The resolution of a far-field optical microscopy is usually limited to d=λ/(2nsinα)> 200 nm, with nsinα denoting the numerical aperture of the lens and  λthe wavelength of light. While the diffraction barrier has prompted the invention of electron, scanning probe, and x-ray microscopy, the 3D-imaging of the interior of (live) cells requires the use of focused visible light.

I will discuss new developments of optical microscopy that I anticipate to have a lasting impact on our understanding of living matter. Emphasis will be placed on physical concepts that have overcome the diffraction barrier in far-field fluorescence microscopy. To set the scene for future directions, I will show that all these concepts share a common strategy: exploiting selected states and transitions of the fluorescent marker to neutralize the limiting role of diffraction.

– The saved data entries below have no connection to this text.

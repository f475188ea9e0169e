-- ===== src/Zstd.antt =====
-- include/client/zstd.hpp and src/client/zstd.cpp. libzstd, which is not in the repository, is the
-- record `Library` of its calls; their documented behaviour is Zstd/Laws.
pub mod Laws
pub mod Chunks
pub mod Rounds
pub mod Compress
pub mod Pieces
pub mod Decompress
use drop_file.Common.{
  ℕ, zero, suc, ◌+◌, ◌-◌, ◌*◌, ◌/◌, ◌%◌, ◌^◌, ◌≤◌, ◌<◌, min, ◌≡◌, refl, sym, ap, subst, ◌∙◌, ◌≢◌,
  ◌↔◌, ◌⊎◌, inl, inr, ite, if_pos, if_neg, Bool, true, false, not, ◌&&◌, ◌||◌, Option, none, some,
  List, [], ◌∷◌, ◌++◌, map, append-nil, append_assoc, arith, dec_lt, dec_le, ltb, leb, ◌==◌,
  if◌then◌else◌, ltb→lt, lt→ltb, le→ltb_false, Bool-cases, Option-cases, Bytes, text, bytes_eq,
  bytes_eq_refl, bytes_eq→eq, bytes_eq_iff, ne→bytes_eq_false, length, take, drop, length-append,
  All, take-append-drop, length-take, length-drop, take_all, drop_all, take-append_le,
  take-append_ge, drop-append_ge, drop-drop, take_front, drop_front,
}
use drop_file.Outcome.{zstd_exception, pure, settled, throw, unfinished, Action, ◌>>=◌, ◌>>◌}
use drop_file.Streams.{InputStream, OutputStream, read, write}

-- What a call of libzstd gives: a value, or a code that ZSTD_isError accepts, by its name.
pub data Answer (A : Type 0) : Type 0 where
  fine : A → Answer A
  error : Bytes → Answer A

pub data Parameter : Type 0 where
  compression_level checksum_flag : Parameter

-- ZSTD_EndDirective
pub data Directive : Type 0 where
  continue end : Directive

-- What a streaming call does: the context after it, how much of the input it took, what it put
-- into the output buffer, and its result.
pub record Step (C : Type 0) : Type 0 where
  pub context : C
  pub consumed : ℕ
  pub produced : Bytes
  pub remaining : ℕ

pub record Library : Type 1 where
  pub CCtx : Type 0
  pub DCtx : Type 0
  -- ZSTD_DStreamInSize and ZSTD_DStreamOutSize
  pub in_size : ℕ
  pub out_size : ℕ
  -- ZSTD_createCCtx, which may return a null pointer
  pub create_cctx : Option CCtx
  pub set_parameter : Parameter → ℕ → CCtx → Answer CCtx
  pub reset_session : CCtx → Answer CCtx
  -- ZSTD_compressStream2, on an output buffer of a size and the input from its pos on
  pub compress_stream : Directive → ℕ → Bytes → CCtx → Answer (Step CCtx)
  pub create_dctx : Option DCtx
  -- ZSTD_decompressStream
  pub decompress_stream : ℕ → Bytes → DCtx → Answer (Step DCtx)

abbrev pub assert_ok {ℓ} : {S : Type ℓ} {A : Type 0} → Answer A → Action S A
assert_ok (fine a) = pure a
assert_ok (error name) = throw (zstd_exception name)

abbrev pub not_null {ℓ} : {S : Type ℓ} {A : Type 0} → Bytes → Option A → Action S A
not_null message none = throw (zstd_exception message)
not_null message (some a) = pure a

abbrev pub mode_of : Bool → Directive
mode_of is_last_chunk = if is_last_chunk then Directive.end else continue

-- The two streams of a call.
pub record Pipes : Type 0 where
  pub input : InputStream
  pub output : OutputStream

abbrev pub on_input {ℓ} : {A : Type ℓ} → Action InputStream A → Action Pipes A
on_input m p = settled (λ s. record p { input = s }) (m p.input)

abbrev pub on_output {ℓ} : {A : Type ℓ} → Action OutputStream A → Action Pipes A
on_output m p = settled (λ s. record p { output = s }) (m p.output)

module _ (z : Library) where
  open z use {CCtx, DCtx}

  -- The variables of the inner loop of compress.
  pub record Chunk : Type 0 where
    pub cctx : CCtx
    pub pos : ℕ
    pub written : ℕ

  abbrev pub is_finished : Bool → Bytes → Step CCtx → ℕ → Bool
  is_finished is_last_chunk buffer step pos =
      if is_last_chunk then step.remaining == 0 else pos == length buffer

  -- The inner loop. Fuel: one round for each call of the library.
  unfoldable pub compress_chunk : ℕ → Bool → Bytes → Chunk → Action OutputStream Chunk
  compress_chunk zero is_last_chunk buffer c = λ _. unfinished
  compress_chunk (suc fuel) is_last_chunk buffer c = do
    step ←
        assert_ok (z.compress_stream (mode_of is_last_chunk) z.out_size (drop c.pos buffer) c.cctx)
    write step.produced
    let next : Chunk = record {
      cctx = step.context;
      pos = c.pos + step.consumed;
      written = c.written + length step.produced;
    }
    let again = compress_chunk fuel is_last_chunk buffer next
    if is_finished is_last_chunk buffer step next.pos then pure next else again

  abbrev pub all_consumed : Bytes → Chunk → Action Pipes (Unit {0})
  all_consumed buffer c =
      if not (c.pos == length buffer)
      then throw (
          zstd_exception
            (text "Impossible: zstd only returns 0 when the input is completely consumed!"))
      else pure tt

  -- The outer loop. Fuel: one round for each read; `calls` is the fuel of the inner loop.
  unfoldable pub compress_loop : ℕ → ℕ → CCtx → ℕ → Action Pipes ℕ
  compress_loop zero calls cctx written = λ _. unfinished
  compress_loop (suc rounds) calls cctx written = do
    buffer ← on_input (read z.in_size)
    let more = (do
      c ← on_output (
          compress_chunk calls (ltb (length buffer) z.in_size) buffer
            (record { cctx = cctx; pos = 0; written = written }))
      all_consumed buffer c
      compress_loop rounds calls c.cctx c.written)
    if ltb 0 (length buffer) then more else pure written

  unfoldable pub compress : ℕ → ℕ → Action Pipes ℕ
  compress rounds calls = do
    c ← not_null (text "ZSTD_createCCtx() failed!") z.create_cctx
    c ← assert_ok (z.set_parameter compression_level 6 c)
    c ← assert_ok (z.set_parameter checksum_flag 1 c)
    c ← assert_ok (z.reset_session c)
    compress_loop rounds calls c 0

  -- The variables of the inner loop of decompress.
  pub record Piece : Type 0 where
    pub dctx : DCtx
    pub pos : ℕ
    pub written : ℕ

  unfoldable pub decompress_chunk : ℕ → Bytes → Piece → Action OutputStream Piece
  decompress_chunk zero buffer c = if ltb c.pos (length buffer) then (λ _. unfinished) else pure c
  decompress_chunk (suc fuel) buffer c =
      let more = (do
        step ← assert_ok (z.decompress_stream z.out_size (drop c.pos buffer) c.dctx)
        write step.produced
        decompress_chunk fuel buffer (record {
          dctx = step.context;
          pos = c.pos + step.consumed;
          written = c.written + length step.produced;
        })) in
      if ltb c.pos (length buffer) then more else pure c

  unfoldable pub decompress_loop : ℕ → ℕ → ℕ → ℕ → DCtx → ℕ → Action Pipes ℕ
  decompress_loop zero calls compressed_length total_read dctx written = λ _. unfinished
  decompress_loop (suc rounds) calls compressed_length total_read dctx written = do
    let left_to_read = compressed_length - total_read
    let this_chunk_size = min z.in_size left_to_read
    buffer ← on_input (read this_chunk_size)
    let more = (do
      c ←
          on_output
            (decompress_chunk calls buffer (record { dctx = dctx; pos = 0; written = written }))
      decompress_loop rounds calls compressed_length (total_read + length buffer) c.dctx c.written)
    if ltb 0 (length buffer) then more else pure written

  unfoldable pub decompress : ℕ → ℕ → ℕ → Action Pipes ℕ
  decompress rounds calls compressed_length = do
    d ← not_null (text "ZSTD_createDCtx() failed!") z.create_dctx
    decompress_loop rounds calls compressed_length 0 d 0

The first viable concept of this kind was Stimulated Emission Depletion (STED) microscopy where the spot diameter follows d≈λ/{2nsinα(1+I/I_s)^1/2}; I/I_s is a measure of the strength with which the molecule is send from the fluorescent state to the dark ground state. For  I/I_s →∞  it follows that d→0, meaning that the resolution that can, in principle, be molecular. The concept underlying STED microscopy can be expanded by employing other transitions that shuffle the molecule between a dark and a bright state, such as (i) shelving the fluorophore in a dark triplet state, and (ii) photoswitching between a ‘fluorescence activated’ and a ‘fluorescence deactivated’ conformational state. Examples for the latter include photochromic organic compounds, and fluorescent proteins which undergo a cis-trans photoisomerizations. Switching can be performed in an ensemble or individually in which case the image is assembled molecule by molecule at high resolution. By providing molecular markers with the appropriate transitions, synthetic organic chemistry and protein biotechnology plays a key role in this endeavor.

Besides being a fascinating development in physics, far-field optical ‘nanoscopy’ is highly relevant to the life sciences. In fact, it has already been a key to answering important questions in biology [1, 2]. Due to its simplicity and improving performance, I expect far-field optical nanoscopy to enter virtually every cell biology laboratory in the near future.

[1] S. W. Hell, Far-field optical nanoscopy, Science 316 (2007) 1153.

[2] Westphal, V., S. O. Rizzoli, M. A. Lauterbach, D. Kamin, R. Jahn, S. W. Hell, Video-Rate Far-Field Optical Nanoscopy Dissects Synaptic Vesicle Movement, Science (2008) DOI: 10.1126/science.1154228.